Source material:

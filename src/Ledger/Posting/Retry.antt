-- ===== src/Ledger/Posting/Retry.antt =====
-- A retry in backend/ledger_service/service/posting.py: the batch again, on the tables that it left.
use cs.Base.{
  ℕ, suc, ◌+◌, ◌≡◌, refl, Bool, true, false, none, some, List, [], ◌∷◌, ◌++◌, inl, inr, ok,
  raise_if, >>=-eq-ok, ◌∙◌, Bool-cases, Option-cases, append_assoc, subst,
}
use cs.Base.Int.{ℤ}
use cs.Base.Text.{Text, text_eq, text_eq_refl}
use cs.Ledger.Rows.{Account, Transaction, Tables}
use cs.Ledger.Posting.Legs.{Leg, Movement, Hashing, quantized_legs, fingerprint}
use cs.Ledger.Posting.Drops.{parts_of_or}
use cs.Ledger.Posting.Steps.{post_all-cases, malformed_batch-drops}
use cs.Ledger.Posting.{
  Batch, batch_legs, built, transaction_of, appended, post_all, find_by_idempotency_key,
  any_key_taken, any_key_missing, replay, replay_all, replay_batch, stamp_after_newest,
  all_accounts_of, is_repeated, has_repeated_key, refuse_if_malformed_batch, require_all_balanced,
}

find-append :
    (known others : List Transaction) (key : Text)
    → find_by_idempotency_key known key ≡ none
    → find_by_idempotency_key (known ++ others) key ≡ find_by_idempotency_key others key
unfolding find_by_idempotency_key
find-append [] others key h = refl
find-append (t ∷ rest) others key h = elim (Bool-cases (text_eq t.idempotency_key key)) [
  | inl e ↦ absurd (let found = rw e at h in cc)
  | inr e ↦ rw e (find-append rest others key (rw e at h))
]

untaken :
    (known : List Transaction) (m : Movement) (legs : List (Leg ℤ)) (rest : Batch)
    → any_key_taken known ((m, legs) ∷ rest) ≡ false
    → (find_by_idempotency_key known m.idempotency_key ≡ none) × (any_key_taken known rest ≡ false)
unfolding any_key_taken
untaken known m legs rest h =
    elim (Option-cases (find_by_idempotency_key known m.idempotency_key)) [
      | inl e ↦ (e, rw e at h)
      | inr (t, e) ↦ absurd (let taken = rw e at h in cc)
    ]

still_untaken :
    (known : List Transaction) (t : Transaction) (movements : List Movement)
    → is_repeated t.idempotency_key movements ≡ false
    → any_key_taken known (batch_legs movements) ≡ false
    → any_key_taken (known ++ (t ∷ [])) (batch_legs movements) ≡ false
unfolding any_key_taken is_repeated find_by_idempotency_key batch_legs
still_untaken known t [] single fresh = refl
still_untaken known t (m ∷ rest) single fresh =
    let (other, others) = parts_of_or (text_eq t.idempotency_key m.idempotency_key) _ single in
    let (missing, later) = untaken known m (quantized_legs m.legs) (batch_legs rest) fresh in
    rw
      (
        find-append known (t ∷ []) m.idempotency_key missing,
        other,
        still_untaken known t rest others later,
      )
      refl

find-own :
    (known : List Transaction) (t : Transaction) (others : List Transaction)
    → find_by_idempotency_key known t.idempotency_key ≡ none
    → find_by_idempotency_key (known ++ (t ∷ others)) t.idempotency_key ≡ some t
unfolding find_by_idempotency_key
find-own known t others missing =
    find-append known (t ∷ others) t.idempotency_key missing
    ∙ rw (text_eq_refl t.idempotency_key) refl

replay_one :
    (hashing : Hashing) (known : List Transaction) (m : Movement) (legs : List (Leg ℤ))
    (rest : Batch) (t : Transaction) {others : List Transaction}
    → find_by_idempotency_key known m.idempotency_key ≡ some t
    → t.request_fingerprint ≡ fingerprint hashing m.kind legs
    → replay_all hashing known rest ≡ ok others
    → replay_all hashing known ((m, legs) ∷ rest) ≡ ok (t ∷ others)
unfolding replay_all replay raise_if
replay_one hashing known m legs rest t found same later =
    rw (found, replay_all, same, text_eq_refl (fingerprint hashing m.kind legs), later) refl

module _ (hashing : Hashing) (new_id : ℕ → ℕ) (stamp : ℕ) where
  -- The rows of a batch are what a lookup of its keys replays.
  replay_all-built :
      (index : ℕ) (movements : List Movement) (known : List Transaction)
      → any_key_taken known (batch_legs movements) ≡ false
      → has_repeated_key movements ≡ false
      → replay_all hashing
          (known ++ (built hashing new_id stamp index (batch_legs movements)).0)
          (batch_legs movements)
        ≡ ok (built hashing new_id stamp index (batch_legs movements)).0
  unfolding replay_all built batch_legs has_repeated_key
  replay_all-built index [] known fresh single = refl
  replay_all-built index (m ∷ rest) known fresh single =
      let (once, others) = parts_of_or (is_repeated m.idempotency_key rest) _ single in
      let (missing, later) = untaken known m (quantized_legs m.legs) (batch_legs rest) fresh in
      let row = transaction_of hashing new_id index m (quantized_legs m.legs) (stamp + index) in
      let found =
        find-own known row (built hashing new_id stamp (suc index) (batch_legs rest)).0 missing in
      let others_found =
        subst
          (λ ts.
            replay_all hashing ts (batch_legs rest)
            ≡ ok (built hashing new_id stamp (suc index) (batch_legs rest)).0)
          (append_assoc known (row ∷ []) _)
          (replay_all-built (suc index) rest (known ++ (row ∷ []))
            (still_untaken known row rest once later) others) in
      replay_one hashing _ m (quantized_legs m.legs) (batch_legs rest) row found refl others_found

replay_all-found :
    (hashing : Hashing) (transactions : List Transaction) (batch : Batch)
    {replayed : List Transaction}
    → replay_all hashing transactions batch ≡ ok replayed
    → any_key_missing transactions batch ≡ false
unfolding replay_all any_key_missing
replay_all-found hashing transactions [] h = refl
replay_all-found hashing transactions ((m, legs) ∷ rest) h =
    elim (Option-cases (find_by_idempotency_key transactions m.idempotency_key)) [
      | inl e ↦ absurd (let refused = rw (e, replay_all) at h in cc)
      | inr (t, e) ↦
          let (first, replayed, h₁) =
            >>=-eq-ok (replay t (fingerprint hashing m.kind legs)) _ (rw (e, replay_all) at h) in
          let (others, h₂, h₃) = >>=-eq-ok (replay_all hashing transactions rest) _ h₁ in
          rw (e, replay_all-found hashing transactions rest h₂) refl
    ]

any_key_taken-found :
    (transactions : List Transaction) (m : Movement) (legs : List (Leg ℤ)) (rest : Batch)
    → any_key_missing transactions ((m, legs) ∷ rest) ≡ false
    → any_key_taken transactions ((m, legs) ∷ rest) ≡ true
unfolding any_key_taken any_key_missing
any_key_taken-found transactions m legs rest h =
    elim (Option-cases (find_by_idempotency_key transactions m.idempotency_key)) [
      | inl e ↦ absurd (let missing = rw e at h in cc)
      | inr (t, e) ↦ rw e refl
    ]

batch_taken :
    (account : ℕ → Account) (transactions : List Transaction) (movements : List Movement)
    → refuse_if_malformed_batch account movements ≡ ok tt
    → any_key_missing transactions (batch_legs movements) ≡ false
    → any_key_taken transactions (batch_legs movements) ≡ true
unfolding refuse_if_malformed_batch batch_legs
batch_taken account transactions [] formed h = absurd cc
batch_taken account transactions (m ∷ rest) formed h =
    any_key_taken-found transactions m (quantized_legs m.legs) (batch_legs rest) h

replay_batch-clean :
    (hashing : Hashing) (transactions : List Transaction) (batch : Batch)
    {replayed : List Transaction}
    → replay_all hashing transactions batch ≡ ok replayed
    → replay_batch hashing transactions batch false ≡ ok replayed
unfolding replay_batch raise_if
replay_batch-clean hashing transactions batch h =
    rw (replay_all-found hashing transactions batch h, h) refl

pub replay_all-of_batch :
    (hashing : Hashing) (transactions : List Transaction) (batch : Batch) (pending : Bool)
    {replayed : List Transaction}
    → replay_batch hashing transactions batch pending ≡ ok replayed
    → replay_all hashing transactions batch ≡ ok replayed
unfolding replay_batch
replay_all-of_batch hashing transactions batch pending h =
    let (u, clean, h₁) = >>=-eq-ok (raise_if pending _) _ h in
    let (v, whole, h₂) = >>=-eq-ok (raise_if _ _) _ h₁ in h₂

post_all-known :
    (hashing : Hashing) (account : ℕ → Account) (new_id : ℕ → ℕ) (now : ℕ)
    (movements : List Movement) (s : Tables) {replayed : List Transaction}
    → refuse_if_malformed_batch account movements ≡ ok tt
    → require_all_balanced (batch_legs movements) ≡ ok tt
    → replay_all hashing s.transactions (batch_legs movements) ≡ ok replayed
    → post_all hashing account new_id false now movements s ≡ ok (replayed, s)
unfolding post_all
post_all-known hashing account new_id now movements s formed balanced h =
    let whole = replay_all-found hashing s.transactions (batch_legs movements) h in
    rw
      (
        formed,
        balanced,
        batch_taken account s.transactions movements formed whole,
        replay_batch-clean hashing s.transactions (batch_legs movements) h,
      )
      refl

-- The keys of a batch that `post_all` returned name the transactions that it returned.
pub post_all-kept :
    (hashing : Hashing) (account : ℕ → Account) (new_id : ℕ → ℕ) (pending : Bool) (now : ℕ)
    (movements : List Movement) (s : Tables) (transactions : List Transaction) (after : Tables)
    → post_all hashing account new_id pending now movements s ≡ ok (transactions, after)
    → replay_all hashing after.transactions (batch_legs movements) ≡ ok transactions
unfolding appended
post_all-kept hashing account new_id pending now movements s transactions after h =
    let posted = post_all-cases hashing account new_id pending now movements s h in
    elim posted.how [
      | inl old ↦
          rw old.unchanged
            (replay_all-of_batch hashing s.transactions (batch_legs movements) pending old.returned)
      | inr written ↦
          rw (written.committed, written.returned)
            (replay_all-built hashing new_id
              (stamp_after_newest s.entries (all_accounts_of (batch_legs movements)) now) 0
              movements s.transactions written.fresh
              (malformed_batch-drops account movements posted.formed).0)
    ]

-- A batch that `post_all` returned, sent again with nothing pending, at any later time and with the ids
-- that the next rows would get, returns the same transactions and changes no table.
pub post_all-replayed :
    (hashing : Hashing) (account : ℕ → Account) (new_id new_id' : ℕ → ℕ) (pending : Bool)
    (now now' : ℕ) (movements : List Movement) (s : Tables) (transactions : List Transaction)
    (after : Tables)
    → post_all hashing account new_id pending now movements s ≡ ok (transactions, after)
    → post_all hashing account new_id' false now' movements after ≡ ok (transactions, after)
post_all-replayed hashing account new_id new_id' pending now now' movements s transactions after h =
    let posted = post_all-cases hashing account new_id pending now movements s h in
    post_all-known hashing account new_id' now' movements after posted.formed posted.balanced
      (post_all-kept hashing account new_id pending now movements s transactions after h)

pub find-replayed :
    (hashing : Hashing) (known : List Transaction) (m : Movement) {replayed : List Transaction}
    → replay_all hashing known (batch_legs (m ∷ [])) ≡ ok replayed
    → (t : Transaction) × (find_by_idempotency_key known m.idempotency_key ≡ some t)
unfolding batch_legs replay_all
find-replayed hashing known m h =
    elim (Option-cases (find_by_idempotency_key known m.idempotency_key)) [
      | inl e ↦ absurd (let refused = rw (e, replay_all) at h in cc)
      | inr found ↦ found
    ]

Goal of the exercise: Look through the data above and return exactly the lines from the one that contains "(hashing : Hashing) (account : ℕ → Account) (new_id new_id'" to the one that contains "(post_all-kept hashing account", inclusive, with nothing else.

Reply to the task:
    (hashing : Hashing) (account : ℕ → Account) (new_id new_id' : ℕ → ℕ) (pending : Bool)
    (now now' : ℕ) (movements : List Movement) (s : Tables) (transactions : List Transaction)
    (after : Tables)
    → post_all hashing account new_id pending now movements s ≡ ok (transactions, after)
    → post_all hashing account new_id' false now' movements after ≡ ok (transactions, after)
post_all-replayed hashing account new_id new_id' pending now now' movements s transactions after h =
    let posted = post_all-cases hashing account new_id pending now movements s h in
    post_all-known hashing account new_id' now' movements after posted.formed posted.balanced
      (post_all-kept hashing account new_id pending now movements s transactions after h)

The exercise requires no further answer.